This GPU implementation of a high-quality, offline fluid solver was written in Summer 2013 as a personal exercise in GPGPU. My main goal here was to become more familiar with versatile GPU algorithms such as stream compaction, and at the same time apply them in an exciting, computation heavy setting. The solver is written in C++ and OpenGL 4. The project is available on github.
The fluid simulation itself is implemented using a grid-based Eulerian solver. One of the core ingredients of a Eulerian solver is the pressure solve, which involves computing the solution to a large system of linear equations (more than 1 million variables are typical). Simple solvers such as Gauss-Seidel are not very useful here, and I opted to implement the Preconditioned Conjugate Gradient method (PCG) instead.
Implementing PCG on the GPU can be challenging due to the fact that it requires several dot products per iteration. Dot products are difficult to parallelize efficiently over several hundred cores, since they require summing a large vector into a single scalar. On the GPU, this operation easily becomes the bottleneck of the solver, and I spent a lot of time just optimizing this step.
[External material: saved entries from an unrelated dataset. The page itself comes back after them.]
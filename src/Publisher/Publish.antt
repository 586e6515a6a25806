-- ===== src/Publisher/Publish.antt =====
-- `publish_accepted_payload` of redis_publisher.rs: to the queue of an open recovery, to the startup
-- handoff, or to the stream. The function is taken between its locks, where the publisher is a
-- value.
pub mod Kept
use tycho_simulation_server.Base.{
  ℕ, ◌+◌, ◌-◌, ◌^◌, ◌%◌, leb, ltb, ◌==◌, Option, none, some, List, [], ◌∷◌, ◌++◌, Bool, true, false,
  not, ◌&&◌, ◌||◌, if◌then◌else◌, Text, codes, length, is_empty, format_u64, Result, ok, err,
}
use tycho_simulation_server.Contract.External.{Tycho}
use tycho_simulation_server.Contract.Backend.{Backend, native, backend_eq}
use tycho_simulation_server.Contract.Block.{complete_native_block}
use tycho_simulation_server.Contract.Payload.{
  Payload, updates, beats, UpdateMessage, UpdatePartition,
}
use tycho_simulation_server.Publisher.Errors.{
  Mode, passive, active, retired, unhealthy, PublishError, Published, is_stale_writer_error,
  is_oversized, publisher_is_retired, publisher_is_unhealthy, publisher_is_unhealthy_without_error,
  recovery_queue_is_full, handoff_is_frozen,
}
use tycho_simulation_server.Publisher.State.{
  PublisherState, StartupHandoff, record_retired, record_unhealthy,
}
use tycho_simulation_server.Publisher.State.Phases.{Admission, set_deployment_phase, retired_phase}
use tycho_simulation_server.Publisher.Append.{
  Environment, Outcome, normalize_live_payload, append_live_payload_locked,
}
use tycho_simulation_server.Publisher.Gate.{
  RecoveryGate, Publisher, Clock, startup_handoff_abort_after, insert_some, payload_native_block,
  queue_payload, max_pending_recovery_payloads,
}

module _ {T : Tycho} {W : Type 0} (env : Environment T W) where
  -- A payload for a publisher that is not promoted yet goes to the startup handoff.
  buffer_payload : ℕ → Payload T → StartupHandoff T → StartupHandoff T
  unfolding payload_native_block
  buffer_payload now payload b =
      let blocks = insert_some (payload_native_block T payload) b.complete_native_blocks in
      if leb startup_handoff_abort_after (now - b.started_at)
        || leb env.max_buffered_native_blocks (length blocks)
      then record b { complete_native_blocks = blocks; cancelled = true; payloads = [] }
      else if b.cancelled
      then record b { complete_native_blocks = blocks }
      else record b { complete_native_blocks = blocks; payloads = b.payloads ++ payload ∷ [] }

  unfoldable pub hand_over : ℕ → Payload T → PublisherState T → Published Unit × PublisherState T
  unfolding buffer_payload
  hand_over now payload s = elim s.startup_handoff [
    | none ↦ (ok tt, s)
    | some b ↦
        if b.frozen
        then (err handoff_is_frozen, s)
        else (ok tt, record s { startup_handoff = some (buffer_payload now payload b) })
  ]

  -- What a failed live append makes of the publisher.
  after_failure : ℕ → PublishError → Publisher T → Publisher T
  after_failure failures_before e p =
      if is_oversized e
      then p
      else if is_stale_writer_error e
      then record p {
        state = record_retired e p.state;
        admission = set_deployment_phase retired_phase (some e) p.admission;
      }
      else record p {
        state = record_unhealthy e (ltb failures_before p.state.append_failure_count) p.state;
      }

  finish_live : ℕ → Publisher T → Outcome T W Text → Published Unit × Publisher T × W
  unfolding after_failure
  finish_live failures_before p (ok id, s, w) = (ok tt, record p { state = s }, w)
  finish_live failures_before p (err e, s, w) =
      (err e, after_failure failures_before e (record p { state = s }), w)

  append_normalized :
      Clock → Publisher T → Published (Payload T) → W → Published Unit × Publisher T × W
  unfolding finish_live
  append_normalized clock p (err e) w = (err e, p, w)
  append_normalized clock p (ok payload) w =
      let seq = p.state.next_entry_seq in
      finish_live p.state.append_failure_count p
        (append_live_payload_locked env (clock.window seq) (clock.now seq) p.state payload w)

  publish_active :
      Option PublishError → Clock → Payload T → Publisher T → W → Published Unit × Publisher T × W
  unfolding append_normalized
  publish_active (some e) clock payload p w = (err (publisher_is_unhealthy e), p, w)
  publish_active none clock payload p w =
      append_normalized clock p (normalize_live_payload payload p.state.snapshot_id) w

  abbrev unhealthy_error : Option PublishError → PublishError
  unhealthy_error none = publisher_is_unhealthy_without_error
  unhealthy_error (some e) = publisher_is_unhealthy e

  -- Past the recovery gate.
  publish_in : Mode → ℕ → Clock → Payload T → Publisher T → W → Published Unit × Publisher T × W
  unfolding publish_active hand_over
  publish_in passive now clock payload p w =
      let r = hand_over now payload p.state in (r.0, record p { state = r.1 }, w)
  publish_in retired now clock payload p w = (err publisher_is_retired, p, w)
  publish_in unhealthy now clock payload p w = (err (unhealthy_error p.state.last_error), p, w)
  publish_in active now clock payload p w = publish_active p.state.last_error clock payload p w

  publish_through :
      Option Text → ℕ → Clock → Payload T → Publisher T → W → Published Unit × Publisher T × W
  unfolding queue_payload publish_in
  publish_through (some id) now clock payload p w =
      let r = queue_payload env payload p.gate in (r.0, record p { gate = r.1 }, w)
  publish_through none now clock payload p w = publish_in p.state.mode now clock payload p w

  unfoldable pub publish_accepted_payload :
      ℕ → Clock → Payload T → Publisher T → W → Published Unit × Publisher T × W
  unfolding publish_through
  publish_accepted_payload now clock payload p w =
      publish_through p.gate.open_recovery_id now clock payload p w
Firstly, the vector sum is performed in 2D instead of 1D, and stepwise instead of all at once. The input vectors for the dot product are multiplied element-wise and the result stored in a 2D texture, which is then summed to a single scalar step by step. In each step, every shader core computes the sum of a 4x4 texel area, shrinking the texture by a factor of 4 per side at each step, eventually arriving at a 1x1 area (a scalar). This provides a compromise between the number of synchronization steps and the number of cores utilized per sum.
As an additional trick, the texturing unit is used to decrease the number of texture reads. GPUs feature several highly optimized hardware texturing units that can be abused to perform efficient floating point sums. That is, an interpolated texture read placed precisely in the center between four texels will produce the sum of the four texels, divided by four, in a single texture read. This is much more efficient than reading four texels in the shader without interpolation (using texelFetch) and adding them manually. Also, multiple texture reads are performed by each shader core to overlap their latency.
The performance of PCG is heavily dependent on the preconditioner, which is a special type of matrix tailored specifically to the class of matrix being inverted (here, a Poisson problem). For CPU implementations, a popular choice is Modified Incomplete Cholesky, which performs excellently in many cases. Unfortunately, it is also inherently sequential, making it infeasible for GPU implementations.
I did some research and discovered the paper Parallelized Incomplete Poisson Preconditioner in Cloth Simulation by Sideris et. al., which describes the Incomplete Poisson preconditioner, tailored towards parallel solvers for Poisson problems. It translates to the GPU without issues and does not perform much worse than Modified Incomplete Cholesky.
Finally, performing accurate advection on the GPU poses additional challenges. Semi-lagrangian approaches are easy to implement on the GPU, but suffer from numerical diffusion; that is, the simulation loses small-scale detail over time and eventually becomes "smoothed out". This is undesirable, since much of the visual fidelity is dependent on the small-scale vortices and other details.
A popular choice of advection method that mostly avoids numerical diffusion is Fluid Implicit Particle (FLIP). On the CPU, this technique is not too difficult to implement. On the GPU however, things are a little bit more complex.
The main problem is that a) lists of particles need to be built for every grid cell and b) possibly many particles need to be created and deleted per frame. Building lists of things and dynamically deleting/creating data points stored in a continuous buffer without the data ever leaving the GPU is a difficult thing to do, and this is where a technique called Histopyramids comes in handy.
Generally speaking, histopyramids allow collecting possibly sparse data points into a packed buffer using prefix sums, in order to evenly distribute work from this buffer to GPU cores. In this case, I am using histopyramids as a simple memory allocator that creates, deletes and sorts particles into lists in a single step. Doing this efficiently requires access to atomic memory operations, which are available as of OpenGL 3.2.